Artículo 4º: Recibida por el Consejo Directivo la causa disciplinaria, el Tribunal dará traslado de la denuncia al imputado por el plazo de diez días hábiles, notificándolo de ella y de los documentos acompañados, con entrega de copias y bajo apercibimiento de lo dispuesto en el art. 6.

La notificación se hará en el domicilio que el abogado hubiere declarado en la Seccional respectiva, salvo que exista uno especial constituido en el expediente, en cuyo caso se diligenciará en este último. Todas las notificaciones se practicarán en la forma que para cada caso establezca el Tribunal.-

Artículo 5º: El denunciante no adquiere la calidad de parte, pero esa condición lo obliga a comparecer ante el Tribunal las veces que sea citado si fuere un socio del Colegio y si no lo fuere prestará la mayor colaboración posible al Tribunal.

Aportará en todos los casos los elementos de prueba de cargo en su podar, y estará facultado para intervenir en la sustanciación de la prueba con asistencia letrada.-

Artículo 6º: Dentro del plazo establecido en el art. 4º el imputado deberá presentar el escrito de defensa, reconociendo o negando los hechos invocados en la denuncia y la autenticidad de los documentos acompañados que se le atribuyeren y constituir domicilio en el lugar de asiento del Tribunal.

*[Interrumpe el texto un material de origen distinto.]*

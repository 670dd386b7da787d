-- ===== src/Tests/Gateway.antt =====
-- Requests through services/api_gateway/rate_limiter.py and quotes through
-- services/market_data/candle_builder.py.
use icici_breeze_api_trading.Prelude.{
  ℕ, ◌≡◌, ◌≤◌, refl, true, false, none, some, ◌==◌, List, [], ◌∷◌, length, keep, arith,
}
use icici_breeze_api_trading.Prelude.Int.{ℤ, pos, pos_part, ◌+ℤ◌, ◌-ℤ◌}
use icici_breeze_api_trading.Prelude.Result.{ok}
use icici_breeze_api_trading.Prelude.Dict.{get_key}
use icici_breeze_api_trading.Contracts.{Text}
use icici_breeze_api_trading.RateLimit.{
  Settings, Key, commands_word, limit_for_tier, check_rate_limit,
}
use icici_breeze_api_trading.RateLimit.Window.{
  Call, InOrder, in_window, answers, passed, promised, answers_refine, at_most_limit,
}
use icici_breeze_api_trading.RateLimit.Middleware.{Strings, determine_tier, orders_path, dispatch}
use icici_breeze_api_trading.RateLimit.Handled.{
  Arrival, InTime, start, serve_all, handled, handled_bounded,
}
use icici_breeze_api_trading.CandleBuilder.{Quote, process_quote}
use icici_breeze_api_trading.CandleBuilder.Reference.{accepted, bar_of, completed_by}
use icici_breeze_api_trading.CandleBuilder.Bars.{after, current_bar, completed_bar}
use icici_breeze_api_trading.Tests.Values.{paise}

abbrev same : Text → Text
same t = t

abbrev two_commands : Settings
two_commands = record {
  rate_limit_enabled = true;
  rate_limit_login_per_minute = pos 5;
  rate_limit_orders_per_minute = pos 2;
  rate_limit_general_per_minute = pos 120;
}

abbrev command_at : ℕ → Call
command_at now = record { client_id = 7; tier = commands_word; scope = 0; now = now }

abbrev commands_key : Key
commands_key = record { client_id = 7; tier = commands_word; scope = 0 }

abbrev commands : List Call
commands =
    command_at 1000000 ∷ (command_at 2000000 ∷ (command_at 3500000 ∷ (command_at 61000000 ∷ [])))

commands-InOrder : InOrder 0 commands
commands-InOrder = (omega arith, (omega arith, (omega arith, (omega arith, tt))))

third_waits :
    answers same same two_commands commands []
    ≡ ok (true, 0) ∷ (ok (true, 0) ∷ (ok (false, 58) ∷ (ok (true, 0) ∷ [])))
unfolding answers check_rate_limit
third_waits = refl

answers_refine_example :
    answers same same two_commands commands [] ≡ promised same same two_commands commands []
answers_refine_example = answers_refine same same two_commands refl commands commands-InOrder

at_most_limit_example :
    length (keep (in_window 1000000) (passed same same two_commands commands_key commands []))
    ≤ pos_part (limit_for_tier two_commands commands_word)
at_most_limit_example =
    at_most_limit same same two_commands refl commands_key commands commands-InOrder 1000000

abbrev quote_at : ℕ → ℤ → ℤ → Quote ℤ
quote_at wall price volume = record {
  source = 3;
  instrument_id = 31;
  last_price = price;
  volume = volume;
  open_interest = pos 9;
  timestamp = record { wall = wall; offset = 0 };
}

-- The newest first; the second is older than the first and is dropped.
abbrev quotes : List (Quote ℤ)
quotes =
    quote_at 130000000 (pos 9900) (pos 160)
    ∷ (quote_at 121000000 (pos 10200) (pos 150)
        ∷ (quote_at 122000000 (pos 10000) (pos 140)
            ∷ (quote_at 62000000 (pos 9000) (pos 100) ∷ [])))

two_in_the_bar :
    get_key 31 (after 1 quotes).current_candles
    ≡ some (record {
      start_time = record { wall = 120000000; offset = 0 };
      open_price = pos 10000;
      high = pos 10000;
      low = pos 9900;
      close = pos 9900;
      volume = pos 60;
      open_interest = pos 9;
      source = 3;
    })
unfolding after process_quote ◌-ℤ◌ ◌+ℤ◌
two_in_the_bar = refl

current_bar_example : get_key 31 (after 1 quotes).current_candles ≡ bar_of 1 (accepted 31 quotes)
current_bar_example = current_bar 1 refl quotes 31

completed_bar_example :
    (process_quote 1 (quote_at 180000000 (pos 9800) (pos 170)) (after 1 quotes)).0
    ≡ ok (completed_by 1 (quote_at 180000000 (pos 9800) (pos 170)) (accepted 31 quotes))
completed_bar_example = completed_bar 1 refl quotes (quote_at 180000000 (pos 9800) (pos 170))

-- A text whose keys are the text itself, and tokens that do not decode.
abbrev plain : Strings
plain = record {
  starts_with = λ p q. p == q;
  bearer = λ _. none;
  unverified_sub = λ _. none;
  first_address = same;
  user_key = same;
  ip_key = same;
  upper = same;
  strip = same;
}

abbrev order_at : ℕ → Arrival
order_at now = record {
  request = record {
    is_options = false;
    path = orders_path;
    authorization = none;
    forwarded = none;
    client_host = some 7;
  };
  now = now;
}

abbrev arrivals : List Arrival
arrivals = order_at 1000000 ∷ (order_at 2000000 ∷ (order_at 3500000 ∷ (order_at 61000000 ∷ [])))

arrivals-InTime : InTime 0 arrivals
arrivals-InTime = (omega arith, (omega arith, (omega arith, (omega arith, tt))))

three_handled :
    handled plain two_commands commands_key (serve_all plain two_commands arrivals start).app
    ≡ 1000000 ∷ (2000000 ∷ (61000000 ∷ []))
unfolding serve_all determine_tier dispatch
three_handled = refl

handled_bounded_example :
    length (
      keep
        (in_window 1000000)
        (handled plain two_commands commands_key (serve_all plain two_commands arrivals start).app))
    ≤ pos_part (limit_for_tier two_commands commands_word)
handled_bounded_example =
    handled_bounded plain two_commands refl commands_key arrivals arrivals-InTime 1000000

Su silencio o evasivas podrán constituir presunción de veracidad de los hechos pertinentes; en cuanto a los documentos, se los tendrá por reconocidos. En esa oportunidad deberá oponer todas las excepciones procesales que tuviere, las que serán resueltas al dictarse sentencia.

Con dicho escrito de defensa deberá acompañar la prueba documental en su poder y ofrecer la restante de que intente valerse, agregará los interrogatorios para los testigos y puntos de pericia que proponga, en su caso. El que ofreciere prueba testimonial contrae la obligación de hacer comparecer a los testigos a la audiencia correspondiente, bajo apercibimiento de tenerlo por desistido.

Artículo 7º: Contestado el traslado de la denuncia o vencido el plazo para hacerlo, no habiendo hechos controvertidos el Tribunal declarará la cuestión de puro derecho y, una vez ejecutoriada esta resolución, dictará sentencia. Si hubiere hechos controvertidos, dispondrá el diligenciamiento de las pruebas ofrecidas que no resulten manifiestamente improcedentes dentro del plazo que fije; y designará audiencia a fin de que, en la vista de la causa ante el Tribunal en pleno, se reciba la testimonial y las explicaciones del perito, en su caso. No serán admitidos más de cinco testigos al denunciante igual e igual número al imputado; la prueba pericial estará a cargo del perito único que se designará de oficio. A dicha audiencia deberá concurrir necesariamente el imputado bajo apercibimiento de que la incomparecencia será considerada como presunción en su contra.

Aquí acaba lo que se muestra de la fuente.